Farley Hall is a large 18th-century Grade I listed country house in the English village of Farley Hill, in the civil parish of Swallowfield, Berkshire.

The Hall was built in 1720s for Charles Lannoy. Plans for the landscaping were drawn up by the landscape gardener Charles Bridgeman. Formal gardens covering over 50 acres (20 hectares) have now been largely lost to agricultural and commercial development.

The house stands in parkland on high ground overlooking a lake and is built in brick in two storeys to a rectangular plan. The centre and oldest part has seven bays and is connected on each side by two bay links to four bay pavilions.

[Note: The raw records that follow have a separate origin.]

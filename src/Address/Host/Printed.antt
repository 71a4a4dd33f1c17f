-- ===== src/Address/Host/Printed.antt =====
-- `parse_host_addr` on an IPv4 address with a port.
use qproto.Common.{
  ℕ, ◌<◌, ◌^◌, ◌≡◌, refl, ◌∙◌, arith, Bool, false, List, [], ◌∷◌, ◌++◌, none, some, ◌==◌,
}
use qproto.Strings.{codes, strtok, is_in}
use qproto.Strings.Tokens.{IsPlain, IsWord, strtok-append, strtok-word, strtok-nil}
use qproto.Strings.Numbers.{print, strtoul-print, print-IsWord}
use qproto.Address.{avt_addr_4to6}
use qproto.Address.Types.{AvtAddress, System, done, parsed}
use qproto.Address.Host.{split_host, parse_port, set_interface, resolve, set_scope, parse_host_addr}

-- A name that no part of the parser splits.
abbrev pub IsHost : List ℕ → Type 0
IsHost = IsWord (codes ":%[]/@")

pub IsPlain-subset :
    (delims delims' w : List ℕ)
    → ((c : ℕ) → is_in delims c ≡ false → is_in delims' c ≡ false)
    → IsPlain delims w
    → IsPlain delims' w
IsPlain-subset delims delims' [] sub p = tt
IsPlain-subset delims delims' (c ∷ w) sub (h, p) = (sub c h, IsPlain-subset delims delims' w sub p)

pub IsWord-subset :
    (delims delims' w : List ℕ)
    → ((c : ℕ) → is_in delims c ≡ false → is_in delims' c ≡ false)
    → IsWord delims w
    → IsWord delims' w
IsWord-subset delims delims' [] sub p = absurd p
IsWord-subset delims delims' (c ∷ w) sub p = IsPlain-subset delims delims' (c ∷ w) sub p

-- A host that is in no brackets.
split_host-plain :
    (host rest : List ℕ)
    → IsHost host
    → split_host (host ++ rest) ≡ (
      (strtok (codes ":") (host ++ rest)).0,
      (strtok (codes ":") (strtok (codes ":") (host ++ rest)).1).0,
    )
unfolding split_host
split_host-plain [] rest h = absurd h
split_host-plain (c ∷ host) rest (h, p) =
    let other : (c == b'[') ≡ false = ground arith in rw other refl

split_host-print :
    (host : List ℕ) (port : ℕ)
    → IsHost host
    → port < 2 ^ 64
    → split_host (host ++ (b':' ∷ print port)) ≡ (some host, some (print port))
split_host-print host port h lt =
    let word = IsWord-subset (codes ":%[]/@") (codes ":") host (λ c e. ground arith) h in
    let first = strtok-append (codes ":") host b':' (print port) refl word in
    let second =
      strtok-word (codes ":") (print port)
        (print-IsWord (codes ":") port (λ d l. ground arith) lt) in
    split_host-plain host (b':' ∷ print port) h ∙ ground (arith, first, second)

parse_port-print :
    (addr : AvtAddress) (port : ℕ)
    → 0 < port
    → port < 2 ^ 16
    → parse_port addr (some (print port)) ≡ done (record addr { port = port })
unfolding parse_port
parse_port-print addr port pos lt = ground (arith, strtoul-print port (omega arith))

-- An IPv4 address and a port, for an address without an interface.
pub parse_host_addr-print :
    (sys : System) (addr : AvtAddress) (host : List ℕ) (port ip4 : ℕ) (listen : Bool)
    → IsHost host
    → 0 < port
    → port < 2 ^ 16
    → sys.pton4 host ≡ parsed ip4
    → addr.interface ≡ none
    → parse_host_addr sys addr (host ++ (b':' ∷ print port)) listen
      ≡ done (record addr { port = port; ip = avt_addr_4to6 ip4; scope = 0 })
unfolding parse_host_addr set_interface resolve set_scope
parse_host_addr-print sys addr host port ip4 listen h positive lt known none_yet =
    let split = split_host-print host port h (omega arith) in
    let read = parse_port-print addr port positive lt in
    let whole =
      strtok-word (codes "%") host
        (IsWord-subset (codes ":%[]/@") (codes "%") host (λ c e. ground arith) h) in
    ground (arith, split, read, whole, strtok-nil (codes "%"))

The 1750 acre (700 hectare) estate is bordered on three sides by tributaries of the River Thames (the Whitewater, Blackwater and Loddon). Within the grounds is a traditional working farm, a livery facility, a dairy farm, a commercial partridge, pheasant and mixed bird shoot and a range of residential and commercial properties.

The livery yard opened in February 2010 and is run by Gavin Crossley, formerly of the Household Cavalry. The Farley Hall Horse Trials became a new fixture in the British Eventing calendar in 2014.

The estate is currently owned by the fifth Viscount Bearsted and his family. Lady Bearsted (Dr Caroline Sacks) runs a medical practice from the Hall.